# Canon 5D Mark III - Soft images



## GKuma (Aug 30, 2012)

Hey everyone, 

I'm new here, but have been browsing around the site for a while and it seems like the best place for me to bring up this issue.

I recently brought a 5D MarkIII back in April and was amazed by the quality of the pictures it produced! But after a recent shoot, I was disappointed once I saw how the images had turned out on the computer. They're beginning to become too soft.. I find that the object I place my focus point on is blurred but something else, somewhere else in the picture is in focus.

I took my camera to a number of different places and they've all refused to touch it as the 5D MarkIII is too new to deal with yet. One store was able to narrow the problem down to the 24-70mm Lens I was using, also brought alongside the 5D back in April, and told me I need to recalibrate it. I've handed that in and was able to get to borrow another 24-70mm as a replacement until the repairs have been done but I'm finding the same issue on this lens too. I'm starting to think the camera is the problem.

Is anyone else having the same problem?
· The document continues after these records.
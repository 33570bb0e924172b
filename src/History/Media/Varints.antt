-- ===== src/History/Media/Varints.antt =====
-- The three codecs of varints, together: `_varint` of the generator, the encoder of
-- conformance/check_contact_card.py and the checker's loop over a length.
use construct_protos.Prelude.{ℕ, ◌^◌, ◌≤◌, ◌<◌, ◌≡◌, ◌∷◌, ◌++◌, length}
use construct_protos.Prelude.Result.{ok}
use construct_protos.Bytes.{Bytes}
use construct_protos.Proto.{varint, varint_field}
use construct_protos.Proto.Varint.{varint_field-eq-varint, varint_shape}
use construct_protos.History.Media.{read_length}
use construct_protos.History.Media.Reading.{read_length-varint}

-- On a number of 64 bits and a tag of one byte: the contact card's encoder writes the tag and then what
-- the generator's `_varint` writes, which is at most ten bytes; and the checker's loop over a length
-- reads from these bytes, whatever stands behind them, the number, and leaves what stands behind.
pub varint_codecs :
    (tag n : ℕ) (rest : Bytes)
    → tag < 256
    → n < 2 ^ 64
    → (varint_field tag n ≡ ok (tag ∷ varint n))
      × (length (varint n) ≤ 10)
      × (read_length (varint n ++ rest) 0 0 ≡ ok (n, rest))
varint_codecs tag n rest ht hn =
    (varint_field-eq-varint tag n ht hn, (varint_shape n).2, read_length-varint n rest hn)
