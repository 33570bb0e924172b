-- ===== src/History/Phase/Legal.antt =====
-- What the checker's test of a phase means.
use construct_protos.Prelude.{
  ℕ, ◌≡◌, ◌≢◌, ◌↔◌, ◌⊎◌, inl, inr, refl, ap, List, [], ◌∷◌, ◌++◌, Bool, true, false, not, Option,
  none, some, ◌==◌, All, arith, Bool-cases,
}
use native.Mathlib.Decide.{ℕ_discrete}
use construct_protos.History.Phase.{
  is_transcript, is_media, Violation, without_end, any, phase_rule, reaction_rule, rest_ok, body_ok,
  phase_ok, or_else,
}

-- Some number of a list is the one asked for.
abbrev pub Holds : ℕ → List ℕ → Type 0
Holds n [] = ⊥
Holds n (m ∷ ms) = (m ≡ n) ⊎ Holds n ms

-- Each Reaction has a Message somewhere before it.
abbrev pub ReactionsFollow : List ℕ → Type 0
ReactionsFollow rest = (before after : List ℕ) → rest ≡ before ++ (5 ∷ after) → Holds 4 before

-- Phase 1 carries no media, phase 2 nothing else, phase 3 anything; there is no other phase.
abbrev pub Allows : ℕ → List ℕ → Type 0
Allows phase rest =
    ((phase ≡ 1) × All (λ t. t ≢ 8) rest) ⊎ ((phase ≡ 2) × All (λ t. t ≡ 8) rest) ⊎ (phase ≡ 3)

-- The Manifest comes first, the phase allows the other records, and no Reaction comes too early.
-- The End record plays no part.
abbrev pub Legal : ℕ → List ℕ → Type 0
Legal phase types =
    (rest : List ℕ) × (without_end types ≡ 1 ∷ rest) × Allows phase rest × ReactionsFollow rest

any-false : (test : ℕ → Bool) (ts : List ℕ) → any test ts ≡ false → All (λ t. test t ≡ false) ts
unfolding any
any-false test [] e = tt
any-false test (t ∷ ts) e = (ground arith, any-false test ts (ground arith))

any-none : (test : ℕ → Bool) (ts : List ℕ) → All (λ t. test t ≡ false) ts → any test ts ≡ false
unfolding any
any-none test [] h = refl
any-none test (t ∷ ts) h = rw (h.0, any-none test ts h.1)

All-map : {P Q : ℕ → Type 0} (f : (t : ℕ) → P t → Q t) (ts : List ℕ) → All P ts → All Q ts
All-map f [] h = tt
All-map f (t ∷ ts) h = (f t h.0, All-map f ts h.1)

no_media : (t : ℕ) → (is_media t ≡ false) ↔ (t ≢ 8)
no_media t = ground arith

only_media : (t : ℕ) → (not (is_media t) ≡ false) ↔ (t ≡ 8)
only_media t = ground arith

no_transcript : (t : ℕ) → t ≡ 8 → is_transcript t ≡ false
no_transcript t e = rw e

phase_one : (rest : List ℕ) → (phase_rule 1 rest ≡ none) ↔ All (λ t. t ≢ 8) rest
unfolding phase_rule
phase_one rest = (
  λ e. All-map (λ t. (no_media t).0) rest (any-false is_media rest (ground arith)),
  λ h. rw (any-none is_media rest (All-map (λ t. (no_media t).1) rest h)),
)

phase_two : (rest : List ℕ) → (phase_rule 2 rest ≡ none) ↔ All (λ t. t ≡ 8) rest
unfolding phase_rule
phase_two rest = (
  λ e. All-map (λ t. (only_media t).0) rest (any-false (λ t. not (is_media t)) rest (ground arith)),
  λ h. rw (
    any-none is_transcript rest (All-map no_transcript rest h),
    any-none (λ t. not (is_media t)) rest (All-map (λ t. (only_media t).1) rest h),
  ),
)

other_phase :
    (phase : ℕ) (rest : List ℕ) → phase ≢ 1 → phase ≢ 2 → phase_rule phase rest ≡ none → phase ≡ 3
unfolding phase_rule
other_phase phase rest h k e = ground arith

phase_rule_iff : (phase : ℕ) (rest : List ℕ) → (phase_rule phase rest ≡ none) ↔ Allows phase rest
phase_rule_iff phase rest = (forward, backward)
  where
    forward : phase_rule phase rest ≡ none → Allows phase rest
    forward e = elim (ℕ_discrete phase 1) [
      | yes one ↦ inl (one, (phase_one rest).0 (rw one at e))
      | no h ↦ elim (ℕ_discrete phase 2) [
        | yes two ↦ inr (inl (two, (phase_two rest).0 (rw two at e)))
        | no k ↦ inr (inr (other_phase phase rest h k e))
      ]
    ]

    backward : Allows phase rest → phase_rule phase rest ≡ none
    backward (inl (one, h)) = rw one ((phase_one rest).1 h)
    backward (inr (inl (two, h))) = rw two ((phase_two rest).1 h)
    backward (inr (inr three)) = rw three (unfold phase_rule in refl)

-- With a Message seen, or one in what was passed, no Reaction is too early.
reaction_rule_seen : (ts : List ℕ) → reaction_rule true ts ≡ none
unfolding reaction_rule
reaction_rule_seen [] = refl
reaction_rule_seen (t ∷ ts) = ground (arith, reaction_rule_seen ts)

reaction_rule_follow : (ts : List ℕ) → reaction_rule false ts ≡ none → ReactionsFollow ts
unfolding reaction_rule
reaction_rule_follow [] e [] after p = cc
reaction_rule_follow [] e (b ∷ before) after p = cc
reaction_rule_follow (t ∷ ts) e [] after p = ground arith
reaction_rule_follow (t ∷ ts) e (b ∷ before) after p = elim (Bool-cases (t == 4)) [
  | inl message ↦ inl (ground arith)
  | inr other ↦ inr (reaction_rule_follow ts (ground arith) before after (cc))
]

reaction_rule-none : (ts : List ℕ) → ReactionsFollow ts → reaction_rule false ts ≡ none
unfolding reaction_rule
reaction_rule-none [] h = refl
reaction_rule-none (t ∷ ts) h = elim (Bool-cases (t == 4)) [
  | inl message ↦ rw message (ground (arith, reaction_rule_seen ts))
  | inr other ↦ elim (Bool-cases (t == 5)) [
    | inl early ↦ absurd (h [] ts (ap (λ n. n ∷ ts) (ground arith)))
    | inr neither ↦ rw (other, neither) (reaction_rule-none ts (tail_follows other))
  ]
]
  where
    tail_follows : (t == 4) ≡ false → ReactionsFollow ts
    tail_follows other before after p = elim (h (t ∷ before) after (ap (λ l. t ∷ l) p)) [
      | inl message ↦ absurd (ground arith)
      | inr found ↦ found
    ]

or_else_iff : (a b : Option Violation) → (or_else a b ≡ none) ↔ ((a ≡ none) × (b ≡ none))
or_else_iff none b = (λ e. (refl, e), λ h. h.1)
or_else_iff (some v) b = (λ e. cc, λ h. cc (h.0))

rest_ok_iff :
    (phase : ℕ) (rest : List ℕ)
    → (rest_ok phase rest ≡ none) ↔ (Allows phase rest × ReactionsFollow rest)
rest_ok_iff phase rest = (
  λ e.
      let (rule, order) =
        (or_else_iff (phase_rule phase rest) (reaction_rule false rest)).0 (unfold rest_ok in e) in
      ((phase_rule_iff phase rest).0 rule, reaction_rule_follow rest order),
  λ h.
      unfold rest_ok in
      (or_else_iff (phase_rule phase rest) (reaction_rule false rest)).1
        ((phase_rule_iff phase rest).1 h.0, reaction_rule-none rest h.1),
)

body_ok_iff :
    (phase : ℕ) (body : List ℕ)
    → (body_ok phase body ≡ none)
      ↔ ((rest : List ℕ) × (body ≡ 1 ∷ rest) × Allows phase rest × ReactionsFollow rest)
unfolding body_ok
body_ok_iff phase [] = (λ e. cc, λ h. cc (h.1))
body_ok_iff phase (t ∷ rest) = elim (ℕ_discrete t 1) [
  | yes first ↦ (
    λ e.
        let (allowed, order) = (rest_ok_iff phase rest).0 (ground arith) in
        (rest, ap (λ n. n ∷ rest) first, allowed, order),
    λ (other, e, allowed, order).
        let same : other ≡ rest = cc in
        ground (arith, (rest_ok_iff phase rest).1 (rw same at allowed, rw same at order)),
  )
  | no h ↦ (λ e. ground arith, λ (other, e, allowed, order). absurd (h (cc)))
]

-- The checker has no complaint of a stream's record types in a phase exactly if they are legal in
-- that phase.
pub phase_ok_iff : (phase : ℕ) (types : List ℕ) → (phase_ok phase types ≡ none) ↔ Legal phase types
unfolding phase_ok
phase_ok_iff phase types = body_ok_iff phase (without_end types)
If so, is there any way I can fix this?

I will upload pictures from before and after the issue later on today..

Thank you in advance..


----------



## Ewinter (Aug 30, 2012)

Maybe it's not the.lens needs calibrating but the camera autofocus?


----------



## Louis (Aug 30, 2012)

I have the camera one of the later models and its fine, are you shooting JPG? also I noticed I want shoot lower than F18 and the image becomes softer due to Interpolation, but that's general, I will say this, what software are you using to work on your images, I had noticed when this camera came out, the images were terribly soft, but that was due to the software rendering the 5D3 images badly, Im happy with my photos and been a terrible pixel peeper, just make sure you have the latest firmware, all software packages are up too date, if it still persists, it could be a problem with earlier body's, but I'm not certain on that


Louis


----------



## spinworkxroy (Aug 30, 2012)

I think it would be best to wait for your photos to be uploaded before making any comments..if not everythign will just be assumptions


----------



## neuroanatomist (Aug 30, 2012)

GKuma said:


> They're beginning to become too soft.. I find that the object I place my focus point on is blurred but something else, somewhere else in the picture is in focus.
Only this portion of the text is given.